Stored items from a collection:
◆ ◆ ◆ ◆ ◆
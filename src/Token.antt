-- ===== src/Token.antt =====
-- glsld-core/include/Compiler/SyntaxToken.h, Compiler/PPTokenScanner.h and the word lists
-- GlslKeywords.inc and GlslPunctuation.inc: token classes, preprocessing tokens, and the scanner.
-- An `AtomString` is the text it interns: atoms of one table are equal exactly when their texts are.
pub mod Scanner
use glsld.Prelude.{
  ℕ, zero, suc, ◌+◌, Bool, true, false, ◌&&◌, List, [], ◌∷◌, ◌==◌, ◌≡◌, refl, ◌↔◌, arith,
}
use glsld.Source.{TextRange}

-- The keywords, which the preprocessor never tests, are told apart by their place in the list.
pub data TokenKlass : Type 0 where
  invalid unknown eof comment hash hash_hash : TokenKlass
  system_header_name user_header_name defined_yes defined_no : TokenKlass
  number_literal identifier : TokenKlass
  keyword : ℕ → TokenKlass
  l_shift r_shift increment decrement less_eq greater_eq equal not_equal : TokenKlass
  and or xor mul_assign div_assign add_assign mod_assign : TokenKlass
  l_shift_assign r_shift_assign and_assign xor_assign or_assign sub_assign : TokenKlass
  l_paren r_paren l_bracket r_bracket l_brace r_brace : TokenKlass
  dot comma colon assign semicolon bang dash tilde plus star slash percent : TokenKlass
  l_angle r_angle vertical_bar caret ampersand question : TokenKlass

-- The value of the enumerator; the keywords, which lie between the two groups in the source,
-- are numbered behind the punctuation here, so that their number need not be known.
unfoldable pub klass_index : TokenKlass → ℕ
klass_index invalid = 0
klass_index unknown = 1
klass_index eof = 2
klass_index comment = 3
klass_index hash = 4
klass_index hash_hash = 5
klass_index system_header_name = 6
klass_index user_header_name = 7
klass_index defined_yes = 8
klass_index defined_no = 9
klass_index number_literal = 10
klass_index identifier = 11
klass_index l_shift = 12
klass_index r_shift = 13
klass_index increment = 14
klass_index decrement = 15
klass_index less_eq = 16
klass_index greater_eq = 17
klass_index equal = 18
klass_index not_equal = 19
klass_index and = 20
klass_index or = 21
klass_index xor = 22
klass_index mul_assign = 23
klass_index div_assign = 24
klass_index add_assign = 25
klass_index mod_assign = 26
klass_index l_shift_assign = 27
klass_index r_shift_assign = 28
klass_index and_assign = 29
klass_index xor_assign = 30
klass_index or_assign = 31
klass_index sub_assign = 32
klass_index l_paren = 33
klass_index r_paren = 34
klass_index l_bracket = 35
klass_index r_bracket = 36
klass_index l_brace = 37
klass_index r_brace = 38
klass_index dot = 39
klass_index comma = 40
klass_index colon = 41
klass_index assign = 42
klass_index semicolon = 43
klass_index bang = 44
klass_index dash = 45
klass_index tilde = 46
klass_index plus = 47
klass_index star = 48
klass_index slash = 49
klass_index percent = 50
klass_index l_angle = 51
klass_index r_angle = 52
klass_index vertical_bar = 53
klass_index caret = 54
klass_index ampersand = 55
klass_index question = 56
klass_index (keyword n) = 57 + n

unfoldable pub is_klass : TokenKlass → TokenKlass → Bool
unfolding klass_index
is_klass a b = klass_index a == klass_index b

abbrev pub Bytes : Type 0
Bytes = List ℕ

unfoldable pub text_eq : Bytes → Bytes → Bool
text_eq [] [] = true
text_eq (x ∷ xs) (y ∷ ys) = x == y && text_eq xs ys
text_eq _ _ = false

pub text_eq_iff : (a b : Bytes) → (text_eq a b ≡ true) ↔ (a ≡ b)
unfolding text_eq
text_eq_iff (x ∷ a) (y ∷ b) = ground (arith, text_eq_iff a b)
text_eq_iff _ _ = ground arith

pub record PpToken : Type 0 where
  pub klass : TokenKlass
  pub spelled_file : ℕ
  pub spelled_range : TextRange
  pub text : Bytes
  pub is_first_token_of_line : Bool
  pub has_leading_whitespace : Bool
◆ ◆ ◆ ◆ ◆
Directions for this task = Go through the records line by line, and copy each line that holds the string "plus".

Response to this exercise =
  dot comma colon assign semicolon bang dash tilde plus star slash percent : TokenKlass
klass_index plus = 47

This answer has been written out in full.